* Work instructions: Output all the data below verbatim.

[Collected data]
:::

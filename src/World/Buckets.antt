-- ===== src/World/Buckets.antt =====
-- The pool's operations as steps of the world.
use bls.Base.{ℕ, none, some, List, leb, poke, length}
use bls.Chunk.{Bucket}
use bls.Chunk.Wrap.{wrap_chunk_header}
use bls.Pool
use bls.Pool.{Pool, put_bucket}
use bls.World.{M, ◌>>=◌, ◌>>◌, check, get}

abbrev pub alloc_bucket : M ℕ
alloc_bucket w = elim (Pool.alloc_chunk_bucket w.pool) [
  | none ↦ none
  | some (id, p) ↦ some (id, record w { pool = p })
]

abbrev pub free_bucket : ℕ → M (Unit {0})
free_bucket id w = some (tt, record w { pool = Pool.free_chunk_bucket w.pool id })

abbrev pub free_buckets : List ℕ → M (Unit {0})
free_buckets ids w = some (tt, record w { pool = Pool.free_chain w.pool ids })

abbrev pub bucket_at : ℕ → M Bucket
bucket_at id w = some (w.pool.bucket id, w)

abbrev pub set_bucket : ℕ → Bucket → M (Unit {0})
set_bucket id b w = some (tt, record w { pool = put_bucket w.pool id b })

-- `wrap_chunk_header` on the bucket at an address.
abbrev pub wrap : ℕ → ℕ → ℕ → ℕ → ℕ → ℕ → ℕ → M (Unit {0})
wrap id fmt chunk_id timestamp msg_len type_id msg_id w =
    elim (wrap_chunk_header (w.pool.bucket id) fmt chunk_id timestamp msg_len type_id msg_id) [
      | none ↦ none
      | some b ↦ some (tt, record w { pool = put_bucket w.pool id b })
    ]

-- `memcpy` to the payload from its start, which has the pool's payload size.
abbrev pub fill_payload : ℕ → List ℕ → M (Unit {0})
fill_payload id bytes = do
  w ← get
  check (leb (length bytes) w.pool.payload_size)
  b ← bucket_at id
  set_bucket id (record b { payload = poke b.payload 0 bytes; payload_length = length bytes })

:::

* Answer to this task:
filename src/World/Buckets.antt
-- ===== src/World/Buckets.antt =====
-- The pool's operations as steps of the world.
use bls.Base.{ℕ, none, some, List, leb, poke, length}
use bls.Chunk.{Bucket}
use bls.Chunk.Wrap.{wrap_chunk_header}
use bls.Pool
use bls.Pool.{Pool, put_bucket}
use bls.World.{M, ◌>>=◌, ◌>>◌, check, get}

abbrev pub alloc_bucket : M ℕ
alloc_bucket w = elim (Pool.alloc_chunk_bucket w.pool) [
  | none ↦ none
  | some (id, p) ↦ some (id, record w { pool = p })
]

abbrev pub free_bucket : ℕ → M (Unit {0})
free_bucket id w = some (tt, record w { pool = Pool.free_chunk_bucket w.pool id })

abbrev pub free_buckets : List ℕ → M (Unit {0})
free_buckets ids w = some (tt, record w { pool = Pool.free_chain w.pool ids })

abbrev pub bucket_at : ℕ → M Bucket
bucket_at id w = some (w.pool.bucket id, w)

abbrev pub set_bucket : ℕ → Bucket → M (Unit {0})
set_bucket id b w = some (tt, record w { pool = put_bucket w.pool id b })

-- `wrap_chunk_header` on the bucket at an address.
abbrev pub wrap : ℕ → ℕ → ℕ → ℕ → ℕ → ℕ → ℕ → M (Unit {0})
wrap id fmt chunk_id timestamp msg_len type_id msg_id w =
    elim (wrap_chunk_header (w.pool.bucket id) fmt chunk_id timestamp msg_len type_id msg_id) [
      | none ↦ none
      | some b ↦ some (tt, record w { pool = put_bucket w.pool id b })
    ]

-- `memcpy` to the payload from its start, which has the pool's payload size.
abbrev pub fill_payload : ℕ → List ℕ → M (Unit {0})
fill_payload id bytes = do
  w ← get
  check (leb (length bytes) w.pool.payload_size)
  b ← bucket_at id
  set_bucket id (record b { payload = poke b.payload 0 bytes; payload_length = length bytes })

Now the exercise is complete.